Caso aparte, que tampoco se libra de las pullas, es el de la prestigiosa Margit Frenk, empeñada en afear la monumental edición de los romances gongorinos de Carreira sobre bases de tradición oral, no escrita. Carreira documenta que la transmisión musical es esencialmente deturpadora, y que no es lo mismo una variante que una errata. En resumen, para Carreira, «el trabajo de M. Frenk (…) tiene algunos puntos débiles: cree válidos para la poesía culta criterios que rigen en la popular, aplica a la poesía áurea conceptos más bien apropiados a la medieval, y atribuye a las versiones musicales un valor textual del que carecen» (p. 371), algo que se molesta en argumentar con la rigurosa minuciosidad que preside toda su obra filológica.
Saberse a Góngora de memoria tiene estas cosas, que no se le escapa detalle, por más que a veces, de tan abundantes, dé la sensación de que el objeto de su crítica es un pobre aficionado (y en ocasiones así es). Pero otras veces la virtud redunda en espectáculo de erudición. Carreira pasa el escáner gongorino por la obra de Pedro Espinosa, de Quevedo, de Francisco Manuel de Melo («el inventor nada menos que del verso libre en las lenguas romances», p. 419), sobre cuyo romancero español y portugués también se extiende el autor; de Antonio de Solís, de Ovando y Santarén, de Gregorio de Matos…, en una larga y documentadísima parte, tan amirable como agotadora, que traslada a Góngora al otro lado del océano, en convivencia con la lengua portuguesa.
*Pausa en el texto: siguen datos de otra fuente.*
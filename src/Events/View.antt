-- ===== src/Events/View.antt =====
-- What a client makes of the events, beside what the listener keeps.
use asl3_api.Prelude.{
  String, Bool, true, false, Option, none, some, List, [], ◌∷◌, ◌++◌, map, ◌≡◌, refl, sym, ap, ◌∙◌,
  subst, inl, inr, Bool-cases,
}
use asl3_api.Models.{NodeState, DirectLink}
use asl3_api.Events.{IsSame, with_all, without_all, minus}
use asl3_api.Events.Listener.{
  Detail, variables_snapshot, rxkeyed, txkeyed, link_connected, link_disconnected, Event, Origin,
  Listener, broadcast, broadcast_all, make_event, is_same_flag, observe_rx, observe_tx, nodes_of,
}

-- What a client knows: the nodes that are linked, if it has a baseline, and the two flags.
pub record View : Type 0 where
  pub links : Option (List String)
  pub rx : Option Bool
  pub tx : Option Bool

abbrev pub blank : View
blank = record { links = none; rx = none; tx = none }

-- The first complete snapshot after a gap is the baseline.
abbrev pub baseline : Option (List String) → Option (List DirectLink) → Option (List String)
baseline none (some links) = some (nodes_of links)
baseline known _ = known

abbrev pub with_node : String → Option (List String) → Option (List String)
with_node n none = none
with_node n (some ns) = some (n ∷ ns)

abbrev pub without_node : String → Option (List String) → Option (List String)
without_node n none = none
without_node n (some ns) = some (minus ns (n ∷ []))

abbrev pub see : Detail → View → View
see (variables_snapshot rx tx true status links) v = record v { links = baseline v.links links }
see (variables_snapshot rx tx false status links) v = blank
see (rxkeyed value node) v = record v { rx = value }
see (txkeyed value node) v = record v { tx = value }
see (link_connected node) v = record v { links = with_node node v.links }
see (link_disconnected node) v = record v { links = without_node node v.links }

unfoldable pub replay : List Event → View → View
replay [] v = v
replay (e ∷ es) v = replay es (see e.detail v)

pub replay-append : (xs ys : List Event) (v : View) → replay (xs ++ ys) v ≡ replay ys (replay xs v)
unfolding replay
replay-append [] ys v = refl
replay-append (x ∷ xs) ys v = replay-append xs ys (see x.detail v)

abbrev pub AreSame : Option (List String) → Option (List String) → Type 0
AreSame none none = Unit
AreSame (some xs) (some ys) = IsSame xs ys
AreSame _ _ = ⊥

-- The view has the flags that the listener keeps, and the nodes that `shown` makes of those it keeps.
pub record Matches (shown : Option (List String) → Option (List String)) (v : View) (l : Listener)
    : Type 0 where
  pub links : AreSame v.links (shown l.known_nodes)
  pub rx : v.rx ≡ l.rxkeyed
  pub tx : v.tx ≡ l.txkeyed

-- The view of a client that has seen all events has what the listener keeps.
abbrev pub Follows : Listener → Type 0
Follows l = Matches (λ known. known) (replay l.sent blank) l

pub replay-broadcast_all :
    (es : List Event) (l : Listener)
    → replay (broadcast_all es l).sent blank ≡ replay es (replay l.sent blank)
unfolding broadcast_all broadcast replay
replay-broadcast_all [] l = refl
replay-broadcast_all (e ∷ es) l =
    replay-broadcast_all es (broadcast e l) ∙ ap (replay es) (replay-append l.sent (e ∷ []) blank)

pub broadcast_all-known :
    (es : List Event) (l : Listener)
    → ((broadcast_all es l).known_nodes ≡ l.known_nodes)
      × ((broadcast_all es l).rxkeyed ≡ l.rxkeyed)
      × ((broadcast_all es l).txkeyed ≡ l.txkeyed)
unfolding broadcast_all broadcast
broadcast_all-known [] l = (refl, refl, refl)
broadcast_all-known (e ∷ es) l = broadcast_all-known es (broadcast e l)

module _ (from : Origin) (state : NodeState) (shown : Option (List String) → Option (List String))
    (l : Listener) where
  pub observe_rx-Matches :
      Matches shown (replay l.sent blank) l
      → Matches shown (replay (observe_rx from state l).sent blank) (observe_rx from state l)
  unfolding broadcast replay
  observe_rx-Matches h = elim (Bool-cases (is_same_flag state.rx_keyed l.rxkeyed)) [
    | inl same ↦ rw same h
    | inr changed ↦
        let e = make_event from (rxkeyed state.rx_keyed state.node) in
        let l' : Listener = record (broadcast e l) { rxkeyed = state.rx_keyed } in
        rw changed (
          subst (λ v. Matches shown v l') (sym (replay-append l.sent (e ∷ []) blank))
            (record { links = h.links; rx = refl; tx = h.tx }))
  ]

  pub observe_tx-Matches :
      Matches shown (replay l.sent blank) l
      → Matches shown (replay (observe_tx from state l).sent blank) (observe_tx from state l)
  unfolding broadcast replay
  observe_tx-Matches h = elim (Bool-cases (is_same_flag state.tx_keyed l.txkeyed)) [
    | inl same ↦ rw same h
    | inr changed ↦
        let e = make_event from (txkeyed state.tx_keyed state.node) in
        let l' : Listener = record (broadcast e l) { txkeyed = state.tx_keyed } in
        rw changed (
          subst (λ v. Matches shown v l') (sym (replay-append l.sent (e ∷ []) blank))
            (record { links = h.links; rx = h.rx; tx = refl }))
  ]

pub replay-connected :
    (from : Origin) (ns vs : List String) (rx tx : Option Bool)
    → replay
        (map (λ node. make_event from (link_connected node)) ns)
        (record { links = some vs; rx = rx; tx = tx })
      ≡ record { links = some (with_all ns vs); rx = rx; tx = tx }
unfolding replay
replay-connected from [] vs rx tx = refl
replay-connected from (n ∷ ns) vs rx tx = replay-connected from ns (n ∷ vs) rx tx

pub replay-disconnected :
    (from : Origin) (ns vs : List String) (rx tx : Option Bool)
    → replay
        (map (λ node. make_event from (link_disconnected node)) ns)
        (record { links = some vs; rx = rx; tx = tx })
      ≡ record { links = some (without_all ns vs); rx = rx; tx = tx }
unfolding replay
replay-disconnected from [] vs rx tx = refl
replay-disconnected from (n ∷ ns) vs rx tx = replay-disconnected from ns (minus vs (n ∷ [])) rx tx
Los últimos trabajos de Nuevos gongoremas nos acercan a la influencia de Góngora en los siglos XX y XXI, a través de una décima de Jorge Guillén, y la diferencia entre el Guillén gongorista y el gongorino, entre el estudioso y el emulador, y sobre todo del Poema del agua de Manuel Altolaguirre, uno de los asobrinaditos del 27 al que los propios del 27 tampoco tomaron demasiado en serio, siendo como era uno de los mejores, y este poema en concreto uno de los más decididos acercamientos a la poesía gongorina, porque lo demás, empezando por Alberti, no son más que pastiches (claro que, ¿alguna vez escribió Alberti algo que no fuera un pastiche?). Es cierto que, salvo la antología de Diego y los trabajos de Alonso, además de algún estudio de Cernuda y acercamientos como el de Altolaguirre (y eso sin hablar de Hernández), la conmemoración de Góngora fue más aparente que sincera, lo celebraron más que lo entendieron, Neruda el primero, pero también Lorca, y su influencia, como siempre, fue penetrando como el agua que humedece a pesar de que la tierra no ponga de su parte.
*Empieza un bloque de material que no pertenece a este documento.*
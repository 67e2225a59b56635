-- ===== src/Events/Replay.antt =====
-- A client that follows the events alone, and keeps what the listener keeps.
use asl3_api.Prelude.{
  String, Bool, true, false, Option, none, some, List, [], ◌∷◌, if◌then◌else◌, ◌≡◌, refl, sym, ap,
  ◌∙◌, subst,
}
use asl3_api.Errors.{Result, ok, err, or_raise, type_error}
use asl3_api.Effects.{lift, modify, ◌>>=◌}
use asl3_api.Models.{NodeState, DirectLink}
use asl3_api.Events.{IsSame, after, after-IsSame, to_set, minus, has-to_set}
use asl3_api.Events.Listener.{
  variables_snapshot, Origin, Listener, init, broadcast, make_event, forget, observe_rx, observe_tx,
  nodes_of, connected, disconnected, transitions, observe_links, observe_state, poll_once, Action,
  starts, stops, subscribes, unsubscribes, receives, polls, act, run,
}
use asl3_api.Events.View.{
  View, blank, baseline, replay, replay-append, AreSame, Matches, Follows, replay-broadcast_all,
  broadcast_all-known, observe_rx-Matches, observe_tx-Matches, replay-connected,
  replay-disconnected,
}

baseline-none : (known : Option (List String)) → baseline known none ≡ known
baseline-none none = refl
baseline-none (some known) = refl

module _ (arrange : List String → List String) (from : Origin)
    (arranged : (ns : List String) → IsSame (arrange ns) ns) where
  replay-transitions :
      (current known vs : List String) (rx tx : Option Bool)
      → replay
          (transitions arrange from current (some known))
          (record { links = some vs; rx = rx; tx = tx })
        ≡ record { links = some (after arrange current known vs); rx = rx; tx = tx }
  unfolding after
  replay-transitions current known vs rx tx =
      replay-append (connected arrange from current known) (disconnected arrange from current known)
        _
      ∙ ap (replay (disconnected arrange from current known))
          (replay-connected from (arrange (minus current known)) vs rx tx)
      ∙ replay-disconnected from (arrange (minus known current)) _ rx tx

  moved :
      (current : List String) (known : Option (List String)) (v : View) (links : List DirectLink)
      → IsSame current (nodes_of links)
      → AreSame v.links (baseline known (some links))
      → (w : List String) × (replay (transitions arrange from current known) v
          ≡ record { links = some w; rx = v.rx; tx = v.tx })
        × IsSame w current
  unfolding replay
  moved current known v links same h = go known v.links refl h
    where
      go :
          (k vl : Option (List String))
          → v.links ≡ vl
          → AreSame vl (baseline k (some links))
          → (w : List String) × (replay (transitions arrange from current k) v
              ≡ record { links = some w; rx = v.rx; tx = v.tx })
            × IsSame w current
      go none none e g = absurd g
      go none (some vs) e g =
          (vs, ap (λ o. record { links = o; rx = v.rx; tx = v.tx }) e, λ n. g n ∙ sym (same n))
      go (some k) none e g = absurd g
      go (some k) (some vs) e g = (
        after arrange current k vs,
        ap
              (λ o.
                replay (transitions arrange from current (some k))
                  (record { links = o; rx = v.rx; tx = v.tx }))
              e
            ∙ replay-transitions current k vs v.rx v.tx,
        after-IsSame arrange arranged current k vs g,
      )

  observe_links-Follows :
      (links : List DirectLink) (l : Listener)
      → Matches (λ known. baseline known (some links)) (replay l.sent blank) l
      → Follows (observe_links arrange from (to_set (nodes_of links)) l)
  observe_links-Follows links l h =
      let current = to_set (nodes_of links) in
      let es = transitions arrange from current l.known_nodes in
      let (w, seen, same) =
        moved current l.known_nodes (replay l.sent blank) links (λ n. has-to_set n (nodes_of links))
          h.links in
      let (known, rx_kept, tx_kept) = broadcast_all-known es l in
      subst (λ v. Matches (λ known. known) v (observe_links arrange from current l))
        (sym (replay-broadcast_all es l ∙ seen))
        (record { links = same; rx = h.rx ∙ sym rx_kept; tx = h.tx ∙ sym tx_kept })

  observe_state-Follows :
      (state : NodeState) (l : Listener)
      → Matches (λ known. baseline known state.direct_links) (replay l.sent blank) l
      → Follows (observe_state arrange from state l).1
  observe_state-Follows state l h =
      let l1 = observe_rx from state l in
      let l2 = observe_tx from state l1 in
      let h1 = observe_rx-Matches from state _ l h in
      let h2 = observe_tx-Matches from state _ l1 h1 in finish state.direct_links l2 h2
    where
      finish :
          (direct_links : Option (List DirectLink)) (l : Listener)
          → Matches (λ known. baseline known direct_links) (replay l.sent blank) l
          → Follows
              ((lift (or_raise direct_links (type_error "'NoneType' object is not iterable"))
                  >>= λ links. modify (observe_links arrange from (to_set (nodes_of links))))
                l).1
      finish (some links) l h = observe_links-Follows links l h
      finish none l h = record {
        links = subst (AreSame (replay l.sent blank).links) (baseline-none l.known_nodes) h.links;
        rx = h.rx;
        tx = h.tx;
      }

  baseline-AreSame :
      (xs ys : Option (List String)) (links : Option (List DirectLink))
      → AreSame xs ys
      → AreSame (baseline xs links) (baseline ys links)
  baseline-AreSame none none none h = h
  baseline-AreSame none none (some links) h = λ n. refl
  baseline-AreSame (some xs) (some ys) links h = h
  baseline-AreSame none (some ys) links h = absurd h
  baseline-AreSame (some xs) none links h = absurd h

  -- A round after the snapshot returned.
  snapshot-Follows :
      (state : NodeState) (complete : Bool) (l : Listener)
      → Follows l
      → Follows
          ((if complete then observe_state arrange from state else modify forget) (
            broadcast
              (make_event from (
                variables_snapshot state.rx_keyed state.tx_keyed complete state.state_status
                  state.direct_links))
              l)).1
  unfolding broadcast replay
  snapshot-Follows state true l h =
      let e = make_event from (
        variables_snapshot state.rx_keyed state.tx_keyed true state.state_status
          state.direct_links) in
      observe_state-Follows state (broadcast e l) (
        subst (λ v. Matches (λ known. baseline known state.direct_links) v (broadcast e l))
          (sym (replay-append l.sent (e ∷ []) blank))
          (record {
            links =
                baseline-AreSame (replay l.sent blank).links l.known_nodes state.direct_links
                  h.links;
            rx = h.rx;
            tx = h.tx;
          }))
  snapshot-Follows state false l h =
      let e = make_event from (
        variables_snapshot state.rx_keyed state.tx_keyed false state.state_status
          state.direct_links) in
      subst (λ v. Matches (λ known. known) v (forget (broadcast e l)))
        (sym (replay-append l.sent (e ∷ []) blank)) (record { links = tt; rx = refl; tx = refl })

  poll_once-Follows :
      (snapshot : Result NodeState) (l : Listener)
      → Follows l
      → Follows (poll_once arrange from snapshot l).1
  unfolding poll_once
  poll_once-Follows (err e) l h = h
  poll_once-Follows (ok state) l h = snapshot-Follows state state.is_complete l h

  kept_if : (b : Bool) (l l' : Listener) → Follows l → Follows l' → Follows (if b then l else l')
  kept_if true l l' h h' = h
  kept_if false l l' h h' = h'

  act-Follows : (a : Action) (l : Listener) → Follows l → Follows (act arrange from a l)
  unfolding act
  act-Follows (starts enabled) l h =
      kept_if enabled (record l { polling = true }) l
        (record { links = h.links; rx = h.rx; tx = h.tx }) h
  act-Follows stops l h = record { links = h.links; rx = h.rx; tx = h.tx }
  act-Follows subscribes l h = record { links = h.links; rx = h.rx; tx = h.tx }
  act-Follows (unsubscribes id) l h = record { links = h.links; rx = h.rx; tx = h.tx }
  act-Follows (receives id) l h = record { links = h.links; rx = h.rx; tx = h.tx }
  act-Follows (polls snapshot) l h =
      kept_if l.polling (poll_once arrange from snapshot l).1 l (poll_once-Follows snapshot l h) h

  -- In every run of the listener, a client that follows all the events, and takes the links of the
  -- first complete snapshot after each gap for its baseline, has the links and the flags that the
  -- listener keeps. Python iterates over the members of a set, each at least once, in any order.
  pub run-Follows : (actions : List Action) → Follows (run arrange from actions init)
  unfolding run replay
  run-Follows actions = from_start actions init (record { links = tt; rx = refl; tx = refl })
    where
      from_start :
          (todo : List Action) (l : Listener) → Follows l → Follows (run arrange from todo l)
      from_start [] l h = h
      from_start (a ∷ todo) l h = from_start todo (act arrange from a l) (act-Follows a l h)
El libro se cierra con dos trabajos bien distintos. El uno, a propósito de Cisne andaluz, la antología de Carlos Clementson de 2011, incide en los textos que no están pero deberían estar y en los que ni están ni deberían, aunque también alguno que aparece por los pelos. La nómina es abundante y da idea del profundo conocimiento que tienen Carreira de la poesía contemporánea (de la que en 2022 apareció una estupenda colección de estudios en la editorial Renacimiento), y también del mal genio que se le pone con los oportunistas y los cantamañanas, que son legión y están muy bien situados, desde los que traducen a lenguaje modelno versos manidos de Góngora hasta los que presumen de modernizar el Quijote, ignorantes, ay, de que «lo que está dicho de forma inmejorable no tiene sentido decirlo de nuevo» (p. 553).
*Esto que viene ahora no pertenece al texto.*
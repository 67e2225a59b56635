-- ===== src/Http.antt =====
-- vnext/api.py: the credentials of a request, the routes that admit operations or read them, and
-- the problem responses.
pub mod Auth
pub mod Access
pub mod Accounts
pub mod Routes
pub mod Guarded
pub mod Frames
pub mod Stream
pub mod Problems
pub mod Named
pub mod Resources
pub mod Advertised
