-- ===== src/Lib.antt =====
-- A model of libgunwinder, a library that unwinds user stacks from snapshots, with theorems.
--
-- The program takes a snapshot of registers and stack bytes, finds the module of each address in
-- an interval array, decodes the frame description of the address into DWARF operations, and
-- evaluates these on the snapshot to get the registers of the caller.
--
-- Base holds what all modules share: tests, lists that native numbers index, the endings of a C
-- call (Ending), bits and 64-bit words. A call of the C code ends with a value, with its own
-- failure code, or with a fault: behaviour that C leaves undefined, or a recursion that does not
-- end within the depth given.
--   Interval   src/gu_interval_array.c and .h: the array (Build), the search (Lookup), the tag in
--              bit 63 of a payload (Payload), the order of the items (Order).
--   Snapshot   include/gunwinder/unwinder_types.h: flags and stop reasons (Flags); the register
--              access of src/gu_unwinder.c (Registers).
--   Event      src/gu_pid_ctx_event.c: the table of listeners (Queue).
--   Elf        src/gu_elf.c: executable ranges (Ranges) and both searches over them (Search).
--   Decode     src/gu_cfi_helper.c: LEB128 and fixed-width values (Leb, Bounds).
--   Cfi        src/gu_cfi_helper.c: rows of rules; Program the instructions of
--              init_calc_ctx_by_ins (Rows, Remember), Entry the set-up
--              of CIE and FDE (Extent), Ops the expression blocks, Parse the parse
--              at an address with its cache (Coherence, Sizes).
--   Expr       src/gu_unwinder.c: Evaluate is gu_dwarf_ops_eval, its fast path and gen_reg (Fast,
--              Reads, Steps, Ends, Depth).
--   Unwind     src/gu_stacktrace.c: frames, symbols and reads of the snapshot; Dwarf the loop of
--              gu_unwind and what follows it (Progress, Loop, Finish, Ends), Tail the frames found
--              by frame pointers (Chain, Reads, Length), Recorded gu_unwind_by_fp (Frames).
--   Context    src/gu_stacktrace.c: the modules that processes share, with the counters of their
--              users (Table, Count, Release, Load), their retirement (Sweep, Expiry, Lifetime) and the
--              schedule for reading mappings again (Reload).
--   Process    src/gu_stacktrace.c: the processes with their map contexts. Calls adds, replaces and
--              removes them (Life, Reach, Pids, Cleanup), Search finds the mapping of an address
--              (Live, Miss, Sound, Hits), Prepare is the start of gu_unwind (Ready); Users and
--              Sharing count the users of a module, Loads, Items, Pointers, Load, Clean and Timer
--              follow the references of a load.
--   Maps       src/gu_comm.c: the mappings of a process, adjacent pieces merged (Extent, Merge).
--   Tests      witnesses at concrete inputs.
--
-- A pointer into a buffer is the list of the bytes from there to the buffer's end. A word is a
-- natural number, with its wrap-around written out. Multi-byte reads are little-endian.
-- The instruction interpreter has a step for each byte, which is enough since every instruction
-- takes one; the search has a step for each item; the evaluator has the code's own limit of 4096
-- operations, and a depth for the calls of DW_OP_call_frame_cfa, of which two levels are enough
-- unless the frame address calls for itself. A walk has the code's own limits: 512 rounds over call
-- frame information, 127 frames by frame pointers, 127 recorded addresses.
--
-- A walk meets the mapped modules through the record Unwind.Modules: the mapping of an address,
-- the module behind it, the decoding of a frame. Its frames are a list in the order of the calls
-- of the callback. A search for a process that a failed reload has removed is a fault, a read through
-- NULL. A module of a context is known by its address and its build ID; the clock, the
-- timer's ticks, the module that libelf reads and the lines of /proc/<pid>/maps are arguments.
--
-- A store of processes holds the context, its processes and the events notified. Reading through
-- a pointer whose map context or module is gone is a fault. What the system answers to a call, the
-- mappings, the clock and the addresses of new memory, is a record among its arguments.
--
-- Parameters: qsort with its documented result, bsearch, the page size, the slots of the system's
-- struct pt_regs, the entries of elfutils, and the memory behind the payloads of the interval array.
-- Not modelled: the reading of the tables by libelf and elfutils; of src/gu_stacktrace.c the
-- symbol tables, debug files, the kernel's symbols, the parsing of /proc/<pid>/stat and the debug
-- mode; the return address of arm64; the rest of src/gu_comm.c, src/profile_debug.c, the tools,
-- the log output, and the copies of uthash and utlist.
pub mod Base
pub mod Interval
pub mod Snapshot
pub mod Event
pub mod Elf
pub mod Decode
pub mod Cfi
pub mod Expr
pub mod Unwind
pub mod Context
pub mod Maps
pub mod Process
mod Tests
Dejaría un poco en sombra semejante libro esta última sarta de despropósitos de aficionados si el colofón no fuera un breve texto sobre, esta vez sí, uno de los más grandes homenajes que se tributaron nunca a Góngora, el de Sor Juana Inés de la Cruz en su Primero sueño, editado junto a las Soledades en 2009 por Carreira y Alatorre, un ejemplo de hasta dónde llegó desde muy pronto el magisterio de Góngora cuando se topó con mentes tan lúcidas y tan sensibles.
Antonio Carreira, Nuevos gongoremas, Universidad de Córdoba, 2021, 605 p.